■ Data for analysis

——————————

-- ===== src/Bits.antt =====
-- Numbers as strings of bits, the most significant bit first: the order in which MPEG-TS sends a
-- field. This is the vocabulary in which the bit stream and the packet layout are specified.
use native.Mathlib.Nat.{div-add-mod, div-div-eq-div-mul, mul_comm}
use streamserver_cvn.Prelude.{
  ℕ, zero, suc, ◌+◌, ◌*◌, ◌/◌, ◌%◌, ◌^◌, ◌<◌, ◌≡◌, refl, sym, ap, ◌∙◌, Bool, List, [], ◌∷◌, ◌++◌,
  arith, ◌==◌, if◌then◌else◌, length, Bytes,
}

-- Bit `n` of `v`, counted from the least significant.
abbrev pub bit_at : ℕ → ℕ → Bool
bit_at v n = (v / 2 ^ n) % 2 == 1

-- The low `n` bits of `v`.
abbrev pub to_bits : ℕ → ℕ → List Bool
to_bits zero v = []
to_bits (suc n) v = bit_at v n ∷ to_bits n v

abbrev pub bit_value : Bool → ℕ
bit_value b = if b then 1 else 0

-- The bits that follow are shifted into `acc` from the right.
abbrev pub from_bits : ℕ → List Bool → ℕ
from_bits acc [] = acc
from_bits acc (b ∷ bs) = from_bits (acc * 2 + bit_value b) bs

abbrev pub bytes_bits : Bytes → List Bool
bytes_bits [] = []
bytes_bits (c ∷ cs) = to_bits 8 c ++ bytes_bits cs

pub length-to_bits : (n v : ℕ) → length (to_bits n v) ≡ n
length-to_bits zero v = refl
length-to_bits (suc n) v = ap suc (length-to_bits n v)

pub length-bytes_bits : (cs : Bytes) → length (bytes_bits cs) ≡ 8 * length cs
length-bytes_bits [] = refl
length-bytes_bits (c ∷ cs) = omega (arith, length-bytes_bits cs)

pub bytes_bits-append : (cs ds : Bytes) → bytes_bits (cs ++ ds) ≡ bytes_bits cs ++ bytes_bits ds
bytes_bits-append [] ds = refl
bytes_bits-append (c ∷ cs) ds = ap (◌++◌ (to_bits 8 c)) (bytes_bits-append cs ds)

pub from_bits-append :
    (acc : ℕ) (bs cs : List Bool) → from_bits acc (bs ++ cs) ≡ from_bits (from_bits acc bs) cs
from_bits-append acc [] cs = refl
from_bits-append acc (b ∷ bs) cs = from_bits-append (acc * 2 + bit_value b) bs cs

pub pow_suc : (n : ℕ) → 2 ^ suc n ≡ 2 * 2 ^ n
pow_suc n = omega arith

pub pow_pos : (n : ℕ) → 0 < 2 ^ n
pow_pos zero = omega arith
pow_pos (suc n) = omega (arith, pow_pos n, pow_suc n)

pub bit_value-mod : (x : ℕ) → bit_value (x % 2 == 1) ≡ x % 2
bit_value-mod x = ground arith

-- An accumulator is scaled by the bits that follow it.
pub from_bits_acc :
    (acc : ℕ) (bs : List Bool) → from_bits acc bs ≡ acc * 2 ^ length bs + from_bits 0 bs
from_bits_acc acc [] = omega arith
from_bits_acc acc (b ∷ bs) =
    rw
      (
        from_bits_acc (acc * 2 + bit_value b) bs,
        from_bits_acc (0 * 2 + bit_value b) bs,
        pow_suc (length bs),
      )
      (omega arith)

mod_double : (v p : ℕ) → 0 < p → v % (2 * p) ≡ (v / p) % 2 * p + v % p
mod_double v p h =
    let halves : p * (v / p) ≡ p * (2 * (v / p / 2) + v / p % 2) =
      ap (◌*◌ p) (sym (div-add-mod (v / p) 2)) in
    let quotient : 2 * p * (v / (2 * p)) ≡ 2 * p * (v / p / 2) =
      ap (◌*◌ (2 * p)) (sym (div-div-eq-div-mul v p 2 ∙ ap (λ t. v / t) (mul_comm p 2))) in
    omega (arith, div-add-mod v p, div-add-mod v (2 * p), halves, quotient)

pub from_bits-to_bits : (n v : ℕ) → from_bits 0 (to_bits n v) ≡ v % 2 ^ n
from_bits-to_bits zero v = omega arith
from_bits-to_bits (suc n) v =
    rw
      (
        from_bits_acc (0 * 2 + bit_value (bit_at v n)) (to_bits n v),
        bit_value-mod (v / 2 ^ n),
        length-to_bits n v,
        from_bits-to_bits n v,
        pow_suc n,
      )
      (omega (arith, mod_double v (2 ^ n) (pow_pos n)))

pub append_injective {ℓ} :
    {A : Type ℓ} (xs ys : List A) {us vs : List A}
    → length xs ≡ length ys
    → xs ++ us ≡ ys ++ vs
    → (xs ≡ ys) × (us ≡ vs)
append_injective [] [] l e = (refl, e)
append_injective [] (y ∷ ys) l e = absurd (omega arith)
append_injective (x ∷ xs) [] l e = absurd (omega arith)
append_injective (x ∷ xs) (y ∷ ys) {us} {vs} l e =
    let rest : (xs ≡ ys) × (us ≡ vs) = append_injective xs ys (omega arith) (cc) in
    (cc (rest.0), rest.1)
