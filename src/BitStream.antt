-- ===== src/BitStream.antt =====
-- libmedia/tsprimitive.h: the class `BitStream`, a source and sink of bits over a byte array.
-- `next` is `_offsetBytes + 1`, the index of the byte behind the current one: `_offsetBytes`
-- starts at -1. A thrown exception is an `err` with the state at the throw.
pub mod Reading
pub mod Arrays
pub mod Writing
pub mod Putting
use streamserver_cvn.Prelude.{
  ℕ, zero, suc, ◌+◌, ◌-◌, ◌*◌, ◌/◌, ◌%◌, ◌^◌, Bool, true, false, not, ◌&&◌, ◌||◌, List, [], ◌∷◌,
  ◌++◌, ltb, leb, ◌==◌, if◌then◌else◌, length, get_or, set, take, drop, Bytes,
}
use streamserver_cvn.Prelude.Outcome.{
  Outcome, ok, err, M, pure, throw, get, modify, guard, when, ◌>>=◌, ◌>>◌,
}
use streamserver_cvn.Bits.{bit_at, bit_value}

pub record BitStream : Type 0 where
  pub bytes : Bytes
  pub is_dirty : Bool
  pub cur_byte : ℕ
  pub next : ℕ
  pub bits_left : ℕ

-- One constructor for each message that the class and its operators throw.
pub data Error : Type 0 where
  flush_out_of_range bytes_exceeded not_aligned not_enough_input not_enough_output : Error
  bit_out_of_range no_sign_extension : Error
  no_sync_byte reserved_scrambling reserved_adaptation : Error
  trailing_bits wrong_length : Error

abbrev pub Stream : Type 0 → Type 0
Stream A = M Error BitStream A

abbrev pub stream_of : Bytes → BitStream
stream_of bytes = record { bytes = bytes; is_dirty = false; cur_byte = 0; next = 0; bits_left = 0 }

-- Negative in the source once `_nextByte` has thrown; nothing reads it from then on.
abbrev pub bytes_left : BitStream → ℕ
bytes_left s = length s.bytes - s.next

abbrev pub is_byte_aligned : BitStream → Bool
is_byte_aligned s = s.bits_left == 0 || s.bits_left == 8

abbrev pub at_end : BitStream → Bool
at_end s = if ltb 0 s.bits_left then false else if ltb 0 (bytes_left s) then false else true

abbrev is_current : BitStream → Bool
is_current s = ltb 0 s.next && leb s.next (length s.bytes)

abbrev put_back : BitStream → BitStream
put_back s = record s {
  bytes = set s.bytes (s.next - 1) s.cur_byte;
  is_dirty = false;
  cur_byte = 0;
}

unfoldable pub flush : Stream (Unit {0})
flush s =
    if not s.is_dirty
    then ok tt s
    else if not (is_current s)
    then err flush_out_of_range s
    else ok tt (put_back s)

abbrev fetch : Stream (Unit {0})
fetch s =
    let t = record s { next = s.next + 1 } in
    if not (ltb s.next (length s.bytes))
    then err bytes_exceeded t
    else ok tt (record t { cur_byte = get_or s.bytes s.next 0; bits_left = 8 })

unfoldable pub next_byte : Stream (Unit {0})
next_byte s = elim (flush s) [ ok u t ↦ fetch t | err e t ↦ err e t ]

-- `if (!(_bitsLeft > 0)) _nextByte();`
unfoldable pub refill : Stream (Unit {0})
refill s = if not (ltb 0 s.bits_left) then next_byte s else ok tt s

unfoldable pub take_bit : Stream Bool
take_bit = do
  refill
  bit ← get λ s. bit_at s.cur_byte (s.bits_left - 1)
  modify λ s. record s { bits_left = s.bits_left - 1 }
  pure bit

-- `_curByte |= mask` and `_curByte &= ~mask` at the one bit of the mask.
abbrev pub assign_bit : ℕ → ℕ → Bool → ℕ
assign_bit byte n value =
    if bit_at byte n
    then (if value then byte else byte - 2 ^ n)
    else (if value then byte + 2 ^ n else byte)

unfoldable pub put_bit : Bool → Stream (Unit {0})
put_bit value = do
  refill
  modify λ s. record s {
    bits_left = s.bits_left - 1;
    cur_byte = assign_bit s.cur_byte (s.bits_left - 1) value;
    is_dirty = true;
  }

unfoldable pub take_byte_aligned : Stream ℕ
take_byte_aligned = do
  refill
  left ← get λ s. s.bits_left
  guard (left == 8) not_aligned
  byte ← get λ s. s.cur_byte
  modify λ s. record s { bits_left = 0 }
  pure byte

-- A negative count: all that is left.
unfoldable pub take_rest_aligned : Stream Bytes
take_rest_aligned s =
    if not (s.bits_left == 0)
    then err not_aligned s
    else ok (drop s.next s.bytes) (record s { next = length s.bytes })

-- The check of `ret.length()` behind the slice cannot fail, since the bytes are there.
unfoldable pub take_byte_array_aligned : ℕ → Stream Bytes
take_byte_array_aligned count s =
    if not (s.bits_left == 0)
    then err not_aligned s
    else if not (leb count (bytes_left s))
    then err not_enough_input s
    else ok (take count (drop s.next s.bytes)) (record s { next = s.next + count })

-- The current byte is not flushed here, though `_offsetBytes` moves on.
unfoldable pub put_byte_array_aligned : Bytes → Stream (Unit {0})
put_byte_array_aligned bytes s =
    if not (s.bits_left == 0)
    then err not_aligned s
    else if length bytes == 0
    then ok tt s
    else if not (leb (length bytes) (bytes_left s))
    then err not_enough_output s
    else ok tt (record s {
      bytes = take s.next s.bytes ++ (bytes ++ drop (s.next + length bytes) s.bytes);
      next = s.next + length bytes;
    })
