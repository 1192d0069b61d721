-- ===== src/BitFields.antt =====
-- libmedia/tsprimitive.h: `bslbf`, `uimsbf` and `tcimsbf` read from and written to a bit stream.
-- A width is `stream_bit_size`, and `working` is the bit size of the working type. A signed value
-- is its bit pattern in the working type.
pub mod Reading
pub mod Writing
use streamserver_cvn.Prelude.{
  ℕ, zero, suc, ◌+◌, ◌-◌, ◌*◌, ◌/◌, ◌%◌, ◌^◌, Bool, true, false, not, ◌&&◌, ltb, leb, ◌==◌,
  if◌then◌else◌,
}
use streamserver_cvn.Prelude.Outcome.{Outcome, ok, err, M, pure, throw, get, guard, ◌>>=◌, ◌>>◌}
use streamserver_cvn.Bits.{bit_at, bit_value}
use streamserver_cvn.BitStream.{
  BitStream, Stream, is_byte_aligned, take_bit, put_bit, take_byte_aligned, bit_out_of_range,
  no_sign_extension,
}

-- `tmp << k | low` in the working type.
abbrev pub shift_in : ℕ → ℕ → ℕ → ℕ → ℕ
shift_in working tmp scale low = (tmp * scale + low) % 2 ^ working

-- The loop of the general case; `fuel` bounds its rounds, of which there are at most `left`.
unfoldable pub take_loop : ℕ → ℕ → ℕ → ℕ → Stream ℕ
take_loop fuel working zero tmp = pure tmp
take_loop zero working (suc left) tmp = pure tmp
take_loop (suc fuel) working (suc left) tmp = do
  aligned ← get is_byte_aligned
  if leb 8 (suc left) && aligned
      then (take_byte_aligned >>= λ byte.
          take_loop fuel working (suc left - 8) (shift_in working tmp 256 byte))
      else (take_bit >>= λ bit.
          take_loop fuel working left (shift_in working tmp 2 (bit_value bit)))

-- `doInputFromBitStream` without sign extension.
unfoldable pub take_unsigned : ℕ → ℕ → Stream ℕ
take_unsigned working width = do
  aligned ← get is_byte_aligned
  if width == 8 && aligned
      then take_byte_aligned
      else if width == 16 && aligned
      then (take_byte_aligned >>= λ high.
          take_byte_aligned >>= λ low. pure (shift_in working high 256 low))
      else take_loop width working width 0

-- `doInputFromBitStream` with sign extension: all ones, or zero, by the first bit.
unfoldable pub take_signed : ℕ → ℕ → Stream ℕ
take_signed working width = do
  aligned ← get is_byte_aligned
  if width == 8 && aligned
      then take_byte_aligned
      else if width == 16 && aligned
      then (take_byte_aligned >>= λ high.
          take_byte_aligned >>= λ low. pure (shift_in working high 256 low))
      else (take_bit >>= λ sign.
          take_loop width working (width - 1) (if sign then 2 ^ working - 1 else 0))

-- `operator<<` of `bslbf`: the low bits of the value, from the mask's top bit down.
unfoldable pub put_bits : ℕ → ℕ → Stream (Unit {0})
put_bits zero value = pure tt
put_bits (suc n) value = do put_bit (bit_at value n); put_bits n value

-- `operator<<` of `uimsbf`: a set bit above the stream size is refused.
unfoldable pub put_unsigned : ℕ → ℕ → ℕ → Stream (Unit {0})
put_unsigned zero width value = pure tt
put_unsigned (suc n) width value =
    let rest = put_unsigned n width value in
    if ltb width (suc n)
    then (if bit_at value n then throw bit_out_of_range else rest)
    else (put_bit (bit_at value n) >> rest)

-- The rounds of `operator<<` of `tcimsbf` below the sign bit.
unfoldable pub put_signed_loop : ℕ → ℕ → Bool → ℕ → Stream (Unit {0})
put_signed_loop zero width sign value = pure tt
put_signed_loop (suc n) width sign value =
    let rest = put_signed_loop n width sign value in
    let bit = bit_at value n in
    if ltb (width - 1) (suc n)
    then (if (if bit then not sign else sign) then throw no_sign_extension else rest)
    else (put_bit bit >> rest)

-- `operator<<` of `tcimsbf`.
unfoldable pub put_signed : ℕ → ℕ → ℕ → Stream (Unit {0})
unfolding put_signed_loop
put_signed working width value =
    let sign = bit_at value (working - 1) in
    do put_bit sign; put_signed_loop (working - 1) width sign value
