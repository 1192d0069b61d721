-- ===== src/BitStream/Reading.antt =====
-- A stream that is only read stands for the bits that are still to come. Each operation that takes
-- bits is described by the bits that it takes and the value that it returns.
use native.Mathlib.Nat.{mod-eq_of_lt}
use streamserver_cvn.Prelude.{
  ℕ, zero, suc, ◌+◌, ◌-◌, ◌*◌, ◌%◌, ◌^◌, ◌≤◌, ◌<◌, ◌≡◌, refl, sym, ap, ◌∙◌, Bool, false, List, [],
  ◌∷◌, ◌++◌, arith, length, length-append, length-drop, get_or, drop, drop_step, All, All-get_or,
}
use streamserver_cvn.Prelude.Outcome.{ok, ◌>>=◌}
use streamserver_cvn.Bits.{
  bit_at, to_bits, from_bits, bytes_bits, length-to_bits, length-bytes_bits, from_bits-to_bits,
  append_injective,
}
use streamserver_cvn.BitStream.{
  BitStream, Stream, refill, next_byte, flush, take_bit, take_byte_aligned, bytes_left,
}

abbrev pub IsByte : ℕ → Type 0
IsByte c = c < 256

abbrev pub remaining : BitStream → List Bool
remaining s = to_bits s.bits_left s.cur_byte ++ bytes_bits (drop s.next s.bytes)

-- A stream that nothing was written to, between two operations.
pub record IsReading (s : BitStream) : Type 0 where
  pub is_clean : s.is_dirty ≡ false
  pub in_byte : s.bits_left < 8
  pub in_bytes : s.next ≤ length s.bytes
  pub are_bytes : All IsByte s.bytes

pub record Holds (s : BitStream) (bits : List Bool) : Type 0 where
  pub reading : IsReading s
  pub held : remaining s ≡ bits

-- `m` takes exactly `bits` off the stream, whatever follows, and returns `a`.
abbrev pub Reads : {A : Type 0} → Stream A → List Bool → A → Type 0
Reads m bits a =
    (s : BitStream) (rest : List Bool)
    → Holds s (bits ++ rest)
    → (t : BitStream) × (m s ≡ ok a t) × Holds t rest

pub length-remaining : (s : BitStream) → length (remaining s) ≡ s.bits_left + 8 * bytes_left s
length-remaining s = omega (
  arith,
  length-append (to_bits s.bits_left s.cur_byte) (bytes_bits (drop s.next s.bytes)),
  length-to_bits s.bits_left s.cur_byte,
  length-bytes_bits (drop s.next s.bytes),
  length-drop s.next s.bytes,
)

-- Between two bytes, with bits to come, there is a next byte.
pub next_lt :
    (s : BitStream) (bits : List Bool)
    → Holds s bits
    → s.bits_left ≡ 0
    → 0 < length bits
    → s.next < length s.bytes
next_lt s bits h z p = omega (arith, length-remaining s, ap length h.held)

pub remaining_byte :
    (s : BitStream) (bits : List Bool)
    → Holds s bits
    → s.bits_left ≡ 0
    → 0 < length bits
    → bits ≡ to_bits 8 (get_or s.bytes s.next 0) ++ bytes_bits (drop (s.next + 1) s.bytes)
remaining_byte s bits h z p = sym h.held ∙ rw (z, drop_step s.next s.bytes 0 (next_lt s bits h z p))

abbrev fetched : BitStream → BitStream
fetched s = record s { next = s.next + 1; cur_byte = get_or s.bytes s.next 0; bits_left = 8 }

refill-fetched :
    (s : BitStream)
    → s.is_dirty ≡ false
    → s.bits_left ≡ 0
    → s.next < length s.bytes
    → refill s ≡ ok tt (fetched s)
unfolding refill next_byte flush
refill-fetched s c z p = ground arith

refill_idle : (s : BitStream) → 0 < s.bits_left → refill s ≡ ok tt s
unfolding refill next_byte flush
refill_idle s p = ground arith

take_bit_first :
    (s : BitStream)
    → s.is_dirty ≡ false
    → s.bits_left ≡ 0
    → s.next < length s.bytes
    → take_bit s ≡ ok (bit_at (get_or s.bytes s.next 0) 7) (record (fetched s) { bits_left = 7 })
unfolding take_bit
take_bit_first s c z p = rw (refill-fetched s c z p, ◌>>=◌)

take_bit_later :
    (s : BitStream) (n : ℕ)
    → s.bits_left ≡ suc n
    → take_bit s ≡ ok (bit_at s.cur_byte n) (record s { bits_left = n })
unfolding take_bit
take_bit_later s n e =
    let left : suc n - 1 ≡ n = omega arith in rw (refill_idle s (omega arith), ◌>>=◌) (rw (e, left))

take_bit-Reads_at :
    (s : BitStream) (n : ℕ) (b : Bool) (rest : List Bool)
    → s.bits_left ≡ n
    → Holds s (b ∷ rest)
    → (t : BitStream) × (take_bit s ≡ ok b t) × Holds t rest
take_bit-Reads_at s zero b rest z h =
    let p = next_lt s (b ∷ rest) h z (omega arith) in
    let parts = remaining_byte s (b ∷ rest) h z (omega arith) in
    (
      record (fetched s) { bits_left = 7 },
      take_bit_first s h.reading.is_clean z p ∙ cc parts,
      record {
        reading = record {
          is_clean = h.reading.is_clean;
          in_byte = omega arith;
          in_bytes = omega arith;
          are_bytes = h.reading.are_bytes;
        };
        held = cc parts;
      },
    )
take_bit-Reads_at s (suc n) b rest e h =
    let parts : bit_at s.cur_byte n ∷ (to_bits n s.cur_byte ++ bytes_bits (drop s.next s.bytes))
        ≡ b ∷ rest =
      rw e at h.held in
    (
      record s { bits_left = n },
      take_bit_later s n e ∙ cc parts,
      record {
        reading = record {
          is_clean = h.reading.is_clean;
          in_byte = omega (arith, h.reading.in_byte);
          in_bytes = h.reading.in_bytes;
          are_bytes = h.reading.are_bytes;
        };
        held = cc parts;
      },
    )

-- One bit is taken off the front.
pub take_bit-Reads : (b : Bool) → Reads take_bit (b ∷ []) b
take_bit-Reads b s rest h = take_bit-Reads_at s s.bits_left b rest refl h

take_byte_aligned-fetched :
    (s : BitStream)
    → s.is_dirty ≡ false
    → s.bits_left ≡ 0
    → s.next < length s.bytes
    → take_byte_aligned s ≡ ok (get_or s.bytes s.next 0) (record (fetched s) { bits_left = 0 })
unfolding take_byte_aligned
take_byte_aligned-fetched s c z p = rw (refill-fetched s c z p, ◌>>=◌)

-- Between two bytes, eight bits are taken off the front as one number.
pub take_byte_aligned-Reads :
    (s : BitStream) (bits rest : List Bool)
    → s.bits_left ≡ 0
    → length bits ≡ 8
    → Holds s (bits ++ rest)
    → (t : BitStream) × (take_byte_aligned s ≡ ok (from_bits 0 bits) t) × Holds t rest
take_byte_aligned-Reads s bits rest z l h =
    let c = get_or s.bytes s.next 0 in
    let more : 0 < length (bits ++ rest) = omega (arith, length-append bits rest) in
    let p = next_lt s (bits ++ rest) h z more in
    let parts =
      append_injective bits (to_bits 8 c) (l ∙ sym (length-to_bits 8 c))
        (remaining_byte s (bits ++ rest) h z more) in
    let small : c % 2 ^ 8 ≡ c =
      mod-eq_of_lt (All-get_or IsByte s.bytes s.next 0 h.reading.are_bytes p) in
    (
      record (fetched s) { bits_left = 0 },
      take_byte_aligned-fetched s h.reading.is_clean z p
          ∙ ap (λ v. ok v (record (fetched s) { bits_left = 0 }))
              (sym (ap (from_bits 0) parts.0 ∙ from_bits-to_bits 8 c ∙ small)),
      record {
        reading = record {
          is_clean = h.reading.is_clean;
          in_byte = omega arith;
          in_bytes = omega arith;
          are_bytes = h.reading.are_bytes;
        };
        held = sym parts.1;
      },
    )

pub bits_left-eq-zero :
    (s : BitStream) (bits : List Bool) → Holds s bits → length bits % 8 ≡ 0 → s.bits_left ≡ 0
bits_left-eq-zero s bits h a =
    omega (arith, length-remaining s, ap length h.held, h.reading.in_byte)
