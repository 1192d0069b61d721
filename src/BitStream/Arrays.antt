-- ===== src/BitStream/Arrays.antt =====
-- Byte arrays taken from a stream that is only read, and its end.
use native.Mathlib.Nat.{mod-eq_of_lt}
use streamserver_cvn.Prelude.{
  ℕ, ◌+◌, ◌*◌, ◌%◌, ◌≤◌, ◌<◌, ◌≡◌, refl, sym, ap, ap₂, ◌∙◌, Bool, List, [], ◌∷◌, ◌++◌, arith, ◌==◌,
  length, length-append, length-drop, take, drop, drop_all, drop-drop, take-append-drop,
  length-take, All, All-take, All-drop, Bytes,
}
use streamserver_cvn.Prelude.Outcome.{ok}
use streamserver_cvn.Bits.{
  to_bits, from_bits, bytes_bits, length-bytes_bits, bytes_bits-append, from_bits-to_bits,
  append_injective,
}
use streamserver_cvn.BitStream.{
  BitStream, Stream, stream_of, take_byte_array_aligned, take_rest_aligned, bytes_left, at_end,
}
use streamserver_cvn.BitStream.Reading.{IsByte, Holds, length-remaining, bits_left-eq-zero}

to_bits_injective : (c d : ℕ) → c < 256 → d < 256 → to_bits 8 c ≡ to_bits 8 d → c ≡ d
to_bits_injective c d hc hd e =
    sym (mod-eq_of_lt hc)
    ∙ sym (from_bits-to_bits 8 c)
    ∙ ap (from_bits 0) e
    ∙ from_bits-to_bits 8 d
    ∙ mod-eq_of_lt hd

pub bytes_bits_injective :
    (cs ds : Bytes) → All IsByte cs → All IsByte ds → bytes_bits cs ≡ bytes_bits ds → cs ≡ ds
bytes_bits_injective [] [] a b e = refl
bytes_bits_injective [] (d ∷ ds) a b e = absurd (omega (arith, ap length e))
bytes_bits_injective (c ∷ cs) [] a b e = absurd (omega (arith, ap length e))
bytes_bits_injective (c ∷ cs) (d ∷ ds) a b e =
    let parts = append_injective (to_bits 8 c) (to_bits 8 d) refl e in
    ap₂ ◌∷◌ (to_bits_injective c d a.0 b.0 parts.0) (bytes_bits_injective cs ds a.1 b.1 parts.1)

-- As `Reads`, where what follows is whole bytes.
abbrev pub ReadsAligned : {A : Type 0} → Stream A → List Bool → A → Type 0
ReadsAligned m bits a =
    (s : BitStream) (rest : List Bool)
    → length rest % 8 ≡ 0
    → Holds s (bits ++ rest)
    → (t : BitStream) × (m s ≡ ok a t) × Holds t rest

take_array_result :
    (s : BitStream) (n : ℕ)
    → s.bits_left ≡ 0
    → n ≤ bytes_left s
    → take_byte_array_aligned n s
      ≡ ok (take n (drop s.next s.bytes)) (record s { next = s.next + n })
unfolding take_byte_array_aligned
take_array_result s n z h = ground arith

-- Between two bytes, `n` bytes are taken off, whatever bits they are.
pub take_byte_array_aligned-Holds :
    (n : ℕ) (s : BitStream) (bits rest : List Bool)
    → length bits ≡ 8 * n
    → length rest % 8 ≡ 0
    → Holds s (bits ++ rest)
    → (cs : Bytes) × (t : BitStream) × (take_byte_array_aligned n s ≡ ok cs t)
      × Holds t rest
      × (bytes_bits cs ≡ bits)
      × All IsByte cs
take_byte_array_aligned-Holds n s bits rest l m h =
    let d = drop s.next s.bytes in
    let z = bits_left-eq-zero s (bits ++ rest) h (omega (arith, length-append bits rest)) in
    let room : n ≤ bytes_left s =
      omega (arith, length-remaining s, ap length h.held, length-append bits rest) in
    let sent : bytes_bits (take n d) ++ bytes_bits (drop n d) ≡ bits ++ rest =
      sym (bytes_bits-append (take n d) (drop n d))
      ∙ ap bytes_bits (take-append-drop n d)
      ∙ rw z at h.held in
    let same_length : length (bytes_bits (take n d)) ≡ length bits =
      omega (arith, length-bytes_bits (take n d), length-take n d, length-drop s.next s.bytes) in
    let parts = append_injective (bytes_bits (take n d)) bits same_length sent in
    (
      take n d,
      record s { next = s.next + n },
      take_array_result s n z room,
      record {
        reading = record {
          is_clean = h.reading.is_clean;
          in_byte = h.reading.in_byte;
          in_bytes = omega (arith, h.reading.in_bytes);
          are_bytes = h.reading.are_bytes;
        };
        held = rw z (rw (← drop-drop n s.next s.bytes) parts.1);
      },
      parts.0,
      All-take IsByte n d (All-drop IsByte s.next s.bytes h.reading.are_bytes),
    )

-- An array of known length is taken off as it was sent.
pub take_byte_array_aligned-ReadsAligned :
    (cs : Bytes)
    → All IsByte cs
    → ReadsAligned (take_byte_array_aligned (length cs)) (bytes_bits cs) cs
take_byte_array_aligned-ReadsAligned cs a s rest m h =
    let (ds, t, e, held, same, are) =
      take_byte_array_aligned-Holds (length cs) s (bytes_bits cs) rest (length-bytes_bits cs) m h in
    (t, e ∙ ap (λ v. ok v t) (bytes_bits_injective ds cs are a same), held)

pub stream_of-Holds : (cs : Bytes) → All IsByte cs → Holds (stream_of cs) (bytes_bits cs)
stream_of-Holds cs a = record {
  reading = record {
    is_clean = refl;
    in_byte = omega arith;
    in_bytes = omega arith;
    are_bytes = a;
  };
  held = refl;
}

take_rest_result :
    (s : BitStream)
    → s.bits_left ≡ 0
    → take_rest_aligned s ≡ ok (drop s.next s.bytes) (record s { next = length s.bytes })
unfolding take_rest_aligned
take_rest_result s z = ground arith

-- All that is left, and the stream is at its end.
pub take_rest_aligned-Holds :
    (s : BitStream) (cs : Bytes)
    → All IsByte cs
    → Holds s (bytes_bits cs)
    → (t : BitStream) × (take_rest_aligned s ≡ ok cs t) × Holds t []
take_rest_aligned-Holds s cs a h =
    let z = bits_left-eq-zero s (bytes_bits cs) h (omega (arith, length-bytes_bits cs)) in
    let taken : drop s.next s.bytes ≡ cs =
      bytes_bits_injective (drop s.next s.bytes) cs
        (All-drop IsByte s.next s.bytes h.reading.are_bytes) a (rw z at h.held) in
    let t = record s { next = length s.bytes } in
    (
      t,
      take_rest_result s z ∙ ap (λ v. ok v t) taken,
      record {
        reading = record {
          is_clean = h.reading.is_clean;
          in_byte = h.reading.in_byte;
          in_bytes = omega arith;
          are_bytes = h.reading.are_bytes;
        };
        held = rw z (ap bytes_bits (drop_all (length s.bytes) s.bytes (omega arith)));
      },
    )

-- `atEnd()` says that no bit is left.
pub Holds-at_end : (s : BitStream) (bits : List Bool) → Holds s bits → at_end s ≡ (length bits == 0)
Holds-at_end s bits h = ground (arith, length-remaining s, ap length h.held)

pub bytes_left-Holds :
    (s : BitStream) (cs : Bytes) → Holds s (bytes_bits cs) → bytes_left s ≡ length cs
bytes_left-Holds s cs h =
    omega (arith, length-remaining s, ap length h.held, length-bytes_bits cs, h.reading.in_byte)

——————————

■ What is being asked
Every line that contains the string "quotient" should be copied from the entries.

■ Written response
    let quotient : 2 * p * (v / (2 * p)) ≡ 2 * p * (v / p / 2) =
    omega (arith, div-add-mod v p, div-add-mod v (2 * p), halves, quotient)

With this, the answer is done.